#### [Exercise aim]
As soon as the line containing "add_bins size zero xs out = out" appears in the material below, start returning lines exactly, and end with the line containing "-- ===== src/Spectrum/Calc/Run.antt".

------ Source records

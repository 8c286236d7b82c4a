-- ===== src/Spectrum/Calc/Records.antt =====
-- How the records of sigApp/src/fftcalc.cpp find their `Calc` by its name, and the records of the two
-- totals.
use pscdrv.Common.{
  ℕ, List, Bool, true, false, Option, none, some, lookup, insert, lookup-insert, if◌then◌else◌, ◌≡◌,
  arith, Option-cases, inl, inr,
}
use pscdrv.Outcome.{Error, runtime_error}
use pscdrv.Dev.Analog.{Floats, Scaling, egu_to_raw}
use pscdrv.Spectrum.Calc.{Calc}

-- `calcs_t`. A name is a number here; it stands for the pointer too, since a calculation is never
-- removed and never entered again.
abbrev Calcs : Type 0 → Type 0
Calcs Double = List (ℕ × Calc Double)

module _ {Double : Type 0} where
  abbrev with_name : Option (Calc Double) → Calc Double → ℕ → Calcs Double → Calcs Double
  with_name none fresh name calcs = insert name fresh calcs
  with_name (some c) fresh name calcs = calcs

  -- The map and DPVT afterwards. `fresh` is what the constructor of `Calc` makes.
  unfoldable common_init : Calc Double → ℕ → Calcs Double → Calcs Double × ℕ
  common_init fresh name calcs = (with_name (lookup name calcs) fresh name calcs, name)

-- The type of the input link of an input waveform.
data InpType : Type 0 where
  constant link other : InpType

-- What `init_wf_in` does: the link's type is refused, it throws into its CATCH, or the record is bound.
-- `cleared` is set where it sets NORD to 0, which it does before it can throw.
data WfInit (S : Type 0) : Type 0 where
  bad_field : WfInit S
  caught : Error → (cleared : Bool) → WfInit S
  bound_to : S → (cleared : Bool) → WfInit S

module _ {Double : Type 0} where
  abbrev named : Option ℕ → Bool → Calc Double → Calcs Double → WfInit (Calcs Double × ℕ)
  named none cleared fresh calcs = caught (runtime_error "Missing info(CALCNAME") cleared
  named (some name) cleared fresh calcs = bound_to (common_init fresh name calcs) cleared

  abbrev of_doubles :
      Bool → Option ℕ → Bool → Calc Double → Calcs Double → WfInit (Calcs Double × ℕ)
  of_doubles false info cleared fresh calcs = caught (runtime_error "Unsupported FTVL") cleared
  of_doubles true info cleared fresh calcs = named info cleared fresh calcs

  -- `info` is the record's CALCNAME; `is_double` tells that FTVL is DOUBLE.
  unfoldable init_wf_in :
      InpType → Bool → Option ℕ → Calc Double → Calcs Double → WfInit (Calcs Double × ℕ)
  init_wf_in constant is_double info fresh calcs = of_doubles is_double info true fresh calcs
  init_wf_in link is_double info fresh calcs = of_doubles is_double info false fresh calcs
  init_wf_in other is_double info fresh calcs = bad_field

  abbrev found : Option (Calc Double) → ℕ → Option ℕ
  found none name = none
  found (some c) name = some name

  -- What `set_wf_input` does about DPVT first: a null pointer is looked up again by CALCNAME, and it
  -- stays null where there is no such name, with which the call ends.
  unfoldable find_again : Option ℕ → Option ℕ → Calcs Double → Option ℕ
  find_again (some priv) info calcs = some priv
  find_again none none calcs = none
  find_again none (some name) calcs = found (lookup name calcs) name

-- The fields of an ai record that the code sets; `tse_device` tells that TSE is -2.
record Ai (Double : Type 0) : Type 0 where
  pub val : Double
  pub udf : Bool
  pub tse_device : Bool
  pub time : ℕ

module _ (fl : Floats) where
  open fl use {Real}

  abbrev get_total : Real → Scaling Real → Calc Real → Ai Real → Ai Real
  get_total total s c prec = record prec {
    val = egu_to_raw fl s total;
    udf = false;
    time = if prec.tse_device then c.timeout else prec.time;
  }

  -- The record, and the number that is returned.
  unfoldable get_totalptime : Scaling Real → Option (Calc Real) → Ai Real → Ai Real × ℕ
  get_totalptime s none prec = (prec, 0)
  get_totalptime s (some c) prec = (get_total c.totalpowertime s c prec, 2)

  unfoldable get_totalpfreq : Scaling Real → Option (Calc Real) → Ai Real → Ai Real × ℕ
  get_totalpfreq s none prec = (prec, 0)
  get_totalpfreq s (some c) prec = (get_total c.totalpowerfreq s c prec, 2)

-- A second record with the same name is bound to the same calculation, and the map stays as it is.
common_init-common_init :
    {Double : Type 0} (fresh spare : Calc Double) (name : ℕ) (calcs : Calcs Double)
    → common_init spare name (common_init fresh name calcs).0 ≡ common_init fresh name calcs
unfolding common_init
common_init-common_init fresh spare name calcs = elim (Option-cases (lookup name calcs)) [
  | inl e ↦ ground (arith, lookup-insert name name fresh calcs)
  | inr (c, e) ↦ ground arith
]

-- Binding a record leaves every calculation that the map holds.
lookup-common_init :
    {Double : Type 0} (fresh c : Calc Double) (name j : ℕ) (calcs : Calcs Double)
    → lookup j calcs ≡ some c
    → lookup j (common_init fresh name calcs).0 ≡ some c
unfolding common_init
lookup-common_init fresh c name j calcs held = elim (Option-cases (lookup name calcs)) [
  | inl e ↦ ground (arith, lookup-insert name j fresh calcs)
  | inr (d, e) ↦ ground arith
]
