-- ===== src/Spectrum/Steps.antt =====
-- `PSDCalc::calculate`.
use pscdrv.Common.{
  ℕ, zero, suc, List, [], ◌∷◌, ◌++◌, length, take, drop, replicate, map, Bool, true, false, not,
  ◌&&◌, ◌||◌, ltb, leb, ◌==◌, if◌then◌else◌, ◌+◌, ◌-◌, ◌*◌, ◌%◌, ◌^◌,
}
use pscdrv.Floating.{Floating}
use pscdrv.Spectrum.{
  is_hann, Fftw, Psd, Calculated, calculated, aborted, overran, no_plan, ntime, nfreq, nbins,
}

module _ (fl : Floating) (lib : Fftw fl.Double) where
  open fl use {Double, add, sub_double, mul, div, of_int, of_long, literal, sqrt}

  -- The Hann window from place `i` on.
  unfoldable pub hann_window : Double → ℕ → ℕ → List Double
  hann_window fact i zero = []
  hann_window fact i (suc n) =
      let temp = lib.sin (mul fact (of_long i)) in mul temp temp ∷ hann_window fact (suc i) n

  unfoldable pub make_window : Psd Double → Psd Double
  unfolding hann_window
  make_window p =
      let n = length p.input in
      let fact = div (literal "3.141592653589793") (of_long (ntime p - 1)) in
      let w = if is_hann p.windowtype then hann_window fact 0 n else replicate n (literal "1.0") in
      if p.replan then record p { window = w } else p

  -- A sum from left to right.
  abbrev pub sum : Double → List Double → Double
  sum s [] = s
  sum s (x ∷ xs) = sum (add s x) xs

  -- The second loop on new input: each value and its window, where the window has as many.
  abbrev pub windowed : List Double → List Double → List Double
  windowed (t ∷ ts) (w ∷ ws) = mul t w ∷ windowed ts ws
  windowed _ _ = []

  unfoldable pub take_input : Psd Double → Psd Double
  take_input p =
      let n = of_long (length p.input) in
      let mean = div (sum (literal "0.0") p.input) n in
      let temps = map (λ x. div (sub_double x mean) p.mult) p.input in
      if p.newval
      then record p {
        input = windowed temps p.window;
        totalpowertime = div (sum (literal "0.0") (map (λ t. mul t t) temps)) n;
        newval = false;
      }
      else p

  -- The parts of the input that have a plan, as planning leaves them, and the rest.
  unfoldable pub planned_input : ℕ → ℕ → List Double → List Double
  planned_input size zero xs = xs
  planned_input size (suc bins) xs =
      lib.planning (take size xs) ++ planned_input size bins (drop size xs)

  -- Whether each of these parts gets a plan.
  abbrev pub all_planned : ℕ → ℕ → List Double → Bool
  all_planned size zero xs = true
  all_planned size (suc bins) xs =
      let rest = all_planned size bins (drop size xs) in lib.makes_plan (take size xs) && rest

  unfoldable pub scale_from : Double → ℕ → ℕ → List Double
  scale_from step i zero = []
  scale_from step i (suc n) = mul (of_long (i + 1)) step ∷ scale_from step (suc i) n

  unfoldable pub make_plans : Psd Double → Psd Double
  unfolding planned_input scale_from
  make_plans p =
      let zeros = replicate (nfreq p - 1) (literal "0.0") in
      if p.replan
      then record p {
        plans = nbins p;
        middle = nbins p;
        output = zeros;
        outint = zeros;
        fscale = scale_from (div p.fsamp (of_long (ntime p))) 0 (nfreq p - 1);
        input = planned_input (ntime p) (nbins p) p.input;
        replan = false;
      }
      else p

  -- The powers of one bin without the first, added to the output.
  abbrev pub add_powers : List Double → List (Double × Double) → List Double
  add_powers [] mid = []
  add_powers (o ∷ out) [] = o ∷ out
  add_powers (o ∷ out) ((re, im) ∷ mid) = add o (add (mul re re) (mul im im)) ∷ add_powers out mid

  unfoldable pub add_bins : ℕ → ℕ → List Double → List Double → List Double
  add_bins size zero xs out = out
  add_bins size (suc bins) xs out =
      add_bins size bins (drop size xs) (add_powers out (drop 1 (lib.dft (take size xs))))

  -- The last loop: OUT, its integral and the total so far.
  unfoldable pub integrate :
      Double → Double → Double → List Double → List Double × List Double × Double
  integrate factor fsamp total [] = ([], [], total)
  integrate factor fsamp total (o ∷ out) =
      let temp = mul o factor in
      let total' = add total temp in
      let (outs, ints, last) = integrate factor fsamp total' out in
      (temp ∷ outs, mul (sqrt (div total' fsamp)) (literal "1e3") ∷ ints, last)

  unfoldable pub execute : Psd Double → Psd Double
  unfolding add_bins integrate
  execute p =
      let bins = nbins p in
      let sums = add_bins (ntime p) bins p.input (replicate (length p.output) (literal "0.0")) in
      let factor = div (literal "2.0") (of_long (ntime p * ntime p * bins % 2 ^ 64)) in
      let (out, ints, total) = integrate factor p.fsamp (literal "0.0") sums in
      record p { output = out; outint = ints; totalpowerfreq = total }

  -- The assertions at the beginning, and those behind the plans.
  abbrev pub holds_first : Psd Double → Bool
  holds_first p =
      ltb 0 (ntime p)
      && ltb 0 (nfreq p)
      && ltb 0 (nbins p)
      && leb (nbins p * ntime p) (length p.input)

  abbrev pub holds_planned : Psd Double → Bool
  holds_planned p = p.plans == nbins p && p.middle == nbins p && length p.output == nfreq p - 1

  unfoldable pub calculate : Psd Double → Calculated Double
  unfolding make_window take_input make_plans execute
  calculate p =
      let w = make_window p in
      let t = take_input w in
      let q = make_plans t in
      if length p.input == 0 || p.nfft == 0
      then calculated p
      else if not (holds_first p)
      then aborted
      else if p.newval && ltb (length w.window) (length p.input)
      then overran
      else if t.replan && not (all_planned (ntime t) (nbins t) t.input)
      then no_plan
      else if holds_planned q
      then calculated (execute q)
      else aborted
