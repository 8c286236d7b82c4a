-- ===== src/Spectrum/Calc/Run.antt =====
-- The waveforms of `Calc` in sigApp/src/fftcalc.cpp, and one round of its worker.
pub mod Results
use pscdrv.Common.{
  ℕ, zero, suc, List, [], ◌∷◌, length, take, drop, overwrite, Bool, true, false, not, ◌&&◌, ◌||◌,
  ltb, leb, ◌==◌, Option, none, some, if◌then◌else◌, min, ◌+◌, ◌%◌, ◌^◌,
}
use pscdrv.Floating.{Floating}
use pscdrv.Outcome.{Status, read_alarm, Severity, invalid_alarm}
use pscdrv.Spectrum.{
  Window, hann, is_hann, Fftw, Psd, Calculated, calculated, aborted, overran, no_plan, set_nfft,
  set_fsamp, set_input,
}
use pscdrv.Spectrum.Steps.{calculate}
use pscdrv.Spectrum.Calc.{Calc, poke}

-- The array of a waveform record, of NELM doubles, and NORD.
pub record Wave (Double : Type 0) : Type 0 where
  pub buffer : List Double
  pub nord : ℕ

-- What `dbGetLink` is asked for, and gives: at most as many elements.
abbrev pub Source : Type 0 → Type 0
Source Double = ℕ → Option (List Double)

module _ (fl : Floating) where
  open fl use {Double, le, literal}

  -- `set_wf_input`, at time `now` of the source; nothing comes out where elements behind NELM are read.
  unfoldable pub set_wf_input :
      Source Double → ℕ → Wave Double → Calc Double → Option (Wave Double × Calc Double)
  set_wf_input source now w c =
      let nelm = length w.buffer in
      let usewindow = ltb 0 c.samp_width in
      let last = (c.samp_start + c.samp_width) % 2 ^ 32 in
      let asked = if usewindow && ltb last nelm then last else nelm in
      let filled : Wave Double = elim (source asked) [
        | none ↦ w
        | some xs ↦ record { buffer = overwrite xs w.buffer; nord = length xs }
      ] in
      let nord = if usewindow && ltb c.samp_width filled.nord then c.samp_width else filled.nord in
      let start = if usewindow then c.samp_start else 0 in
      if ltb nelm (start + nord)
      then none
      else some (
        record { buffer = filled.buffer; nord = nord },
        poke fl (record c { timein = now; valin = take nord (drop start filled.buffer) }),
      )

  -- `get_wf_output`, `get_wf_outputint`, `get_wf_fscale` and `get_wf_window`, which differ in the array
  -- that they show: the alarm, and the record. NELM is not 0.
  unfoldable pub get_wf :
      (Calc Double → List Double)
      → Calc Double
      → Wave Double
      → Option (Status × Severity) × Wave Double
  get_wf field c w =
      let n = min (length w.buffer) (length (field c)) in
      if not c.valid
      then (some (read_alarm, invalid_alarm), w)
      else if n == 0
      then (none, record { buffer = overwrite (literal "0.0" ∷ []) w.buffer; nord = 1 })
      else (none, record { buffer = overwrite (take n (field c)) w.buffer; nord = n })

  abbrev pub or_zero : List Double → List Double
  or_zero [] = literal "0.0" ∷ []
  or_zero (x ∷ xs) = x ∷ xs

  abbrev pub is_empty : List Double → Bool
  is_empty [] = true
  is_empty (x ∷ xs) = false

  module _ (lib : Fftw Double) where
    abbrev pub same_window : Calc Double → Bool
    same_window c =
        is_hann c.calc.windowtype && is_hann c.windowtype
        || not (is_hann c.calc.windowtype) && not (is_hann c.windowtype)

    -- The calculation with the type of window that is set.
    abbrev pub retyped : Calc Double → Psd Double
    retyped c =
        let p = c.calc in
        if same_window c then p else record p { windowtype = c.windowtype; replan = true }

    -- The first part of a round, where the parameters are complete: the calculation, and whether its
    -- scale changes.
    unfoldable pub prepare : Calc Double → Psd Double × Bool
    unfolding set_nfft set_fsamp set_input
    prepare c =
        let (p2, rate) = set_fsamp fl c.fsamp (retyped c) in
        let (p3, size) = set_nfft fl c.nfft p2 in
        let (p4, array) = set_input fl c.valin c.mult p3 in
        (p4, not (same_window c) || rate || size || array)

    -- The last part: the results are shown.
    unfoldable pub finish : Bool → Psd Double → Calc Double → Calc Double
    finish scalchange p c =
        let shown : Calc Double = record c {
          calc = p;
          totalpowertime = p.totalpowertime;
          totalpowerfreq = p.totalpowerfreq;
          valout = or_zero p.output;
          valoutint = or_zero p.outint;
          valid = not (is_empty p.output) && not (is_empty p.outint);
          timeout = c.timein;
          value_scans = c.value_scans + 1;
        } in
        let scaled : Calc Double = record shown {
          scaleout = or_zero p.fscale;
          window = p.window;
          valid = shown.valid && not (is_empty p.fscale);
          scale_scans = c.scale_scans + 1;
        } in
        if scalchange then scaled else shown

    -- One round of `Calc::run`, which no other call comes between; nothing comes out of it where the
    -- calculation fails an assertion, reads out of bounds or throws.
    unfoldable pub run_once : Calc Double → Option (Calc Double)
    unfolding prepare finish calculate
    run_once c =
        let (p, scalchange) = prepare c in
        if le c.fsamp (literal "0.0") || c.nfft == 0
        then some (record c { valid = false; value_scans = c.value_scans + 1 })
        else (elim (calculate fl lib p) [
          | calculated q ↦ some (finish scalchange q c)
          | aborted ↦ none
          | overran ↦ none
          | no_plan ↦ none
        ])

------------

#### [Your response]
  add_bins size zero xs out = out
  add_bins size (suc bins) xs out =
      add_bins size bins (drop size xs) (add_powers out (drop 1 (lib.dft (take size xs))))

  -- The last loop: OUT, its integral and the total so far.
  unfoldable pub integrate :
      Double → Double → Double → List Double → List Double × List Double × Double
  integrate factor fsamp total [] = ([], [], total)
  integrate factor fsamp total (o ∷ out) =
      let temp = mul o factor in
      let total' = add total temp in
      let (outs, ints, last) = integrate factor fsamp total' out in
      (temp ∷ outs, mul (sqrt (div total' fsamp)) (literal "1e3") ∷ ints, last)

  unfoldable pub execute : Psd Double → Psd Double
  unfolding add_bins integrate
  execute p =
      let bins = nbins p in
      let sums = add_bins (ntime p) bins p.input (replicate (length p.output) (literal "0.0")) in
      let factor = div (literal "2.0") (of_long (ntime p * ntime p * bins % 2 ^ 64)) in
      let (out, ints, total) = integrate factor p.fsamp (literal "0.0") sums in
      record p { output = out; outint = ints; totalpowerfreq = total }

  -- The assertions at the beginning, and those behind the plans.
  abbrev pub holds_first : Psd Double → Bool
  holds_first p =
      ltb 0 (ntime p)
      && ltb 0 (nfreq p)
      && ltb 0 (nbins p)
      && leb (nbins p * ntime p) (length p.input)

  abbrev pub holds_planned : Psd Double → Bool
  holds_planned p = p.plans == nbins p && p.middle == nbins p && length p.output == nfreq p - 1

  unfoldable pub calculate : Psd Double → Calculated Double
  unfolding make_window take_input make_plans execute
  calculate p =
      let w = make_window p in
      let t = take_input w in
      let q = make_plans t in
      if length p.input == 0 || p.nfft == 0
      then calculated p
      else if not (holds_first p)
      then aborted
      else if p.newval && ltb (length w.window) (length p.input)
      then overran
      else if t.replan && not (all_planned (ntime t) (nbins t) t.input)
      then no_plan
      else if holds_planned q
      then calculated (execute q)
      else aborted
repository 8c286236d7b82c4a
-- ===== src/Spectrum/Calc/Run.antt =====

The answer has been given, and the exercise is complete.